# Task goal
Using the data that follows, return exactly the lines from the one that contains "-- Advertisements: the" through the one that contains "(search_mine plain_geography as_stored", ends included.
+ + + + + + +
-- ===== src/Examples/Advertising.antt =====
-- Advertisements: the public search, creation and deletion.
use gp_connect_server.Common.{ℕ, ◌≡◌, refl, true, false, some, none, [], ◌∷◌, List, arith, ◌≤◌}
use gp_connect_server.Schema.{Advertisement, AdvertisementType}
use gp_connect_server.Prisma.{World, Within}
use gp_connect_server.Prisma.InMemory.{in_memory}
use gp_connect_server.Handler.{Exception, ok, err}
use gp_connect_server.Advertisements.{
  CreateAdvertisementDto, create_advertisement, create_dossier, attach_dossier, store_advertisement,
  assert_packages_of_author, delete_advertisement, withdraw, search_public, search_mine, find_all,
  Geography, AdvertisementQueryFindDto, Page, new_advertisement,
}
use gp_connect_server.Advertisements.Withdrawal.{Outcome, delete_advertisement-Outcome}
use gp_connect_server.Advertisements.Pages.{IsPublicPage}
use gp_connect_server.Advertisements.Publishing.{Creation, create_advertisement-Creation}
use gp_connect_server.Advertisements.Reach.{at_page, search_public-page_count}
use gp_connect_server.Handler.{create_many}
use gp_connect_server.Examples.Data.{trip, negotiation}

abbrev plain_geography : Geography
plain_geography = record {
  nearby_ids = λ lat lng radius. 10 ∷ [];
  city_name = λ id. "Dakar";
  contains_insensitive = λ a b. true;
}

abbrev query : AdvertisementQueryFindDto
query = record {
  page = none;
  limit = some 1;
  max_weight = none;
  price = some 200;
  arrival_date = none;
  departure_city_name = some "dak";
  destination_city_name = none;
  lat = some (record { is_negative = false; digits = 147; decimals = 1 });
  lng = some (record { is_negative = true; digits = 174; decimals = 1 });
  radius = none;
  type = none;
  departure_date = none;
  departure_id = none;
  destination_id = none;
}

abbrev as_stored : List Advertisement → List Advertisement
as_stored ads = ads

trip-found :
    (search_public plain_geography as_stored 7 query negotiation).0
    ≡ ok (record { data_ = trip ∷ []; total = 1; page = 1; limit = 1; pages = 1 })
unfolding search_public find_all
trip-found = refl

mine-refused :
    (search_mine plain_geography as_stored 2 query negotiation).0 ≡ err Exception.missing_argument
unfolding search_mine
mine-refused = refl

search_public-page_count_example :
    (n : ℕ) × (page : Page) × (1 ≤ n)
    × (n ≤ page.pages)
    × (search_public plain_geography as_stored 7 (at_page n query) negotiation
        ≡ (ok page, negotiation))
    × Within trip page.data_
    × IsPublicPage plain_geography 7 (at_page n query) negotiation page
search_public-page_count_example =
    search_public-page_count plain_geography as_stored 7 query negotiation trip (λ xs. refl)
      (λ xs a. (λ h. h, λ h. h)) refl (omega arith) refl refl

-- The shipper asks for the transport of a box.
abbrev request : CreateAdvertisementDto
request = record {
  type = AdvertisementType.shipping;
  price = 30;
  max_weight = none;
  destination_id = 71;
  departure_id = 72;
  author_id = 1;
  departure_date = none;
  arrival_date = 900;
  package_ids = 50 ∷ [];
  new_id = 11;
  new_mission_id = 22;
  now = 8;
}

abbrev requested : World in_memory
requested = (create_advertisement request negotiation).1

request-runs : (create_advertisement request negotiation).0 ≡ ok (new_advertisement request)
unfolding create_advertisement store_advertisement attach_dossier create_dossier
    assert_packages_of_author create_many
request-runs = refl

create_advertisement-Creation_example :
    Creation request negotiation (create_advertisement request negotiation)
create_advertisement-Creation_example = create_advertisement-Creation request negotiation

withdrawal-runs : (delete_advertisement 11 1 requested).0 ≡ ok tt
unfolding delete_advertisement withdraw create_advertisement store_advertisement attach_dossier
    create_dossier assert_packages_of_author create_many
withdrawal-runs = refl

trip-held : (delete_advertisement 10 2 negotiation).0 ≡ err Exception.foreign_key_violation
unfolding delete_advertisement withdraw
trip-held = refl

delete_advertisement-Outcome_example : Outcome 11 1 requested (delete_advertisement 11 1 requested)
delete_advertisement-Outcome_example = delete_advertisement-Outcome 11 1 requested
+ + + + + + +
# Output
-- Advertisements: the public search, creation and deletion.
use gp_connect_server.Common.{ℕ, ◌≡◌, refl, true, false, some, none, [], ◌∷◌, List, arith, ◌≤◌}
use gp_connect_server.Schema.{Advertisement, AdvertisementType}
use gp_connect_server.Prisma.{World, Within}
use gp_connect_server.Prisma.InMemory.{in_memory}
use gp_connect_server.Handler.{Exception, ok, err}
use gp_connect_server.Advertisements.{
  CreateAdvertisementDto, create_advertisement, create_dossier, attach_dossier, store_advertisement,
  assert_packages_of_author, delete_advertisement, withdraw, search_public, search_mine, find_all,
  Geography, AdvertisementQueryFindDto, Page, new_advertisement,
}
use gp_connect_server.Advertisements.Withdrawal.{Outcome, delete_advertisement-Outcome}
use gp_connect_server.Advertisements.Pages.{IsPublicPage}
use gp_connect_server.Advertisements.Publishing.{Creation, create_advertisement-Creation}
use gp_connect_server.Advertisements.Reach.{at_page, search_public-page_count}
use gp_connect_server.Handler.{create_many}
use gp_connect_server.Examples.Data.{trip, negotiation}

abbrev plain_geography : Geography
plain_geography = record {
  nearby_ids = λ lat lng radius. 10 ∷ [];
  city_name = λ id. "Dakar";
  contains_insensitive = λ a b. true;
}

abbrev query : AdvertisementQueryFindDto
query = record {
  page = none;
  limit = some 1;
  max_weight = none;
  price = some 200;
  arrival_date = none;
  departure_city_name = some "dak";
  destination_city_name = none;
  lat = some (record { is_negative = false; digits = 147; decimals = 1 });
  lng = some (record { is_negative = true; digits = 174; decimals = 1 });
  radius = none;
  type = none;
  departure_date = none;
  departure_id = none;
  destination_id = none;
}

abbrev as_stored : List Advertisement → List Advertisement
as_stored ads = ads

trip-found :
    (search_public plain_geography as_stored 7 query negotiation).0
    ≡ ok (record { data_ = trip ∷ []; total = 1; page = 1; limit = 1; pages = 1 })
unfolding search_public find_all
trip-found = refl

mine-refused :
    (search_mine plain_geography as_stored 2 query negotiation).0 ≡ err Exception.missing_argument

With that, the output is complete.